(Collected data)
-- ===== src/Timer/Divisor.antt =====
-- The two bytes that the timer counts down from.
use ktux.Base.{ℕ, ◌+◌, ◌*◌, ◌/◌, ◌%◌, ◌^◌, ◌≤◌, ◌<◌, ◌≡◌, refl, ne→==, arith}
use native.Mathlib.Nat.{div-mul-le_self, le-div_iff_mul-le, div-lt_iff_lt-mul, lt-div-mul-add}
use ktux.Base.Bits.{bit_and-mod}
use ktux.Base.Run.{ok}
use ktux.Pic.{Ports}
use ktux.Timer.{reprogram_timer}

next_multiple : (n f : ℕ) → 1193181 < n * f + f → 1193181 < (n + 1) * f
next_multiple n f h = omega (arith, h)

-- From 19 Hz up to the timer's own 1193181 Hz, the chip gets its mode, and then the low and the high
-- byte of the largest count that is not slower than the frequency asked for.
reprogram_timer-count :
    {W : Type 0} (io : Ports W) (freq : ℕ) (w : W)
    → 19 ≤ freq
    → freq ≤ 1193181
    → (low high : ℕ) × (low < 256)
      × (high < 256)
      × (reprogram_timer io freq w
          ≡ ok (io.write_port 0x40 high (io.write_port 0x40 low (io.write_port 0x43 0x36 w))))
      × (0 < high * 256 + low)
      × ((high * 256 + low) * freq ≤ 1193181)
      × (1193181 < (high * 256 + low + 1) * freq)
unfolding reprogram_timer
reprogram_timer-count io freq w slow fast =
    let n = 1193181 / freq in
    let pos_freq : 0 < freq = omega arith in
    let small : n < 2 ^ 16 = (div-lt_iff_lt-mul pos_freq).1 (omega arith) in
    let pos_n : 1 ≤ n = (le-div_iff_mul-le pos_freq).1 (omega arith) in
    let word : n % 2 ^ 16 ≡ n = omega arith in
    let whole : n / 2 ^ 8 * 256 + n % 2 ^ 8 ≡ n = omega arith in
    let above = lt-div-mul-add {a = 1193181} pos_freq in
    (
      n % 2 ^ 8,
      n / 2 ^ 8,
      omega arith,
      omega arith,
      rw (ne→== freq 0 (omega arith), word, bit_and-mod 8 n) refl,
      rw whole pos_n,
      rw whole (div-mul-le_self 1193181 freq),
      rw whole (next_multiple n freq above),
    )
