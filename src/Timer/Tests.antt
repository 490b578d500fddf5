-- ===== src/Timer/Tests.antt =====
-- The timer at 18 Hz.
use ktux.Base.{◌≡◌, refl}
use ktux.Base.Run.{ok}
use ktux.Timer.{reload}

-- At 18 Hz, the rate of the BIOS, the count no longer fits: the timer runs at about 1588 Hz.
reload_wraps : reload 18 ≡ ok 751
unfolding reload
reload_wraps = refl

• **Problem statement**: All the entries should be output exactly as given.

• **Response to the task**:
-- ===== src/Timer/Divisor.antt =====
-- The two bytes that the timer counts down from.
use ktux.Base.{ℕ, ◌+◌, ◌*◌, ◌/◌, ◌%◌, ◌^◌, ◌≤◌, ◌<◌, ◌≡◌, refl, ne→==, arith}
use native.Mathlib.Nat.{div-mul-le_self, le-div_iff_mul-le, div-lt_iff_lt-mul, lt-div-mul-add}
use ktux.Base.Bits.{bit_and-mod}
use ktux.Base.Run.{ok}
use ktux.Pic.{Ports}
use ktux.Timer.{reprogram_timer}

next_multiple : (n f : ℕ) → 1193181 < n * f + f → 1193181 < (n + 1) * f
next_multiple n f h = omega (arith, h)

-- From 19 Hz up to the timer's own 1193181 Hz, the chip gets its mode, and then the low and the high
-- byte of the largest count that is not slower than the frequency asked for.
reprogram_timer-count :
    {W : Type 0} (io : Ports W) (freq : ℕ) (w : W)
    → 19 ≤ freq
    → freq ≤ 1193181
    → (low high : ℕ) × (low < 256)
      × (high < 256)
      × (reprogram_timer io freq w
          ≡ ok (io.write_port 0x40 high (io.write_port 0x40 low (io.write_port 0x43 0x36 w))))
      × (0 < high * 256 + low)
      × ((high * 256 + low) * freq ≤ 1193181)
      × (1193181 < (high * 256 + low + 1) * freq)
unfolding reprogram_timer
reprogram_timer-count io freq w slow fast =
    let n = 1193181 / freq in
    let pos_freq : 0 < freq = omega arith in
    let small : n < 2 ^ 16 = (div-lt_iff_lt-mul pos_freq).1 (omega arith) in
    let pos_n : 1 ≤ n = (le-div_iff_mul-le pos_freq).1 (omega arith) in
    let word : n % 2 ^ 16 ≡ n = omega arith in
    let whole : n / 2 ^ 8 * 256 + n % 2 ^ 8 ≡ n = omega arith in
    let above = lt-div-mul-add {a = 1193181} pos_freq in
    (
      n % 2 ^ 8,
      n / 2 ^ 8,
      omega arith,
      omega arith,
      rw (ne→== freq 0 (omega arith), word, bit_and-mod 8 n) refl,
      rw whole pos_n,
      rw whole (div-mul-le_self 1193181 freq),
      rw whole (next_multiple n freq above),
    )
filename src/Timer/Tests.antt
repository 490b578d500fddf5
-- ===== src/Timer/Tests.antt =====
-- The timer at 18 Hz.
use ktux.Base.{◌≡◌, refl}
use ktux.Base.Run.{ok}
use ktux.Timer.{reload}

-- At 18 Hz, the rate of the BIOS, the count no longer fits: the timer runs at about 1588 Hz.
reload_wraps : reload 18 ≡ ok 751
unfolding reload
reload_wraps = refl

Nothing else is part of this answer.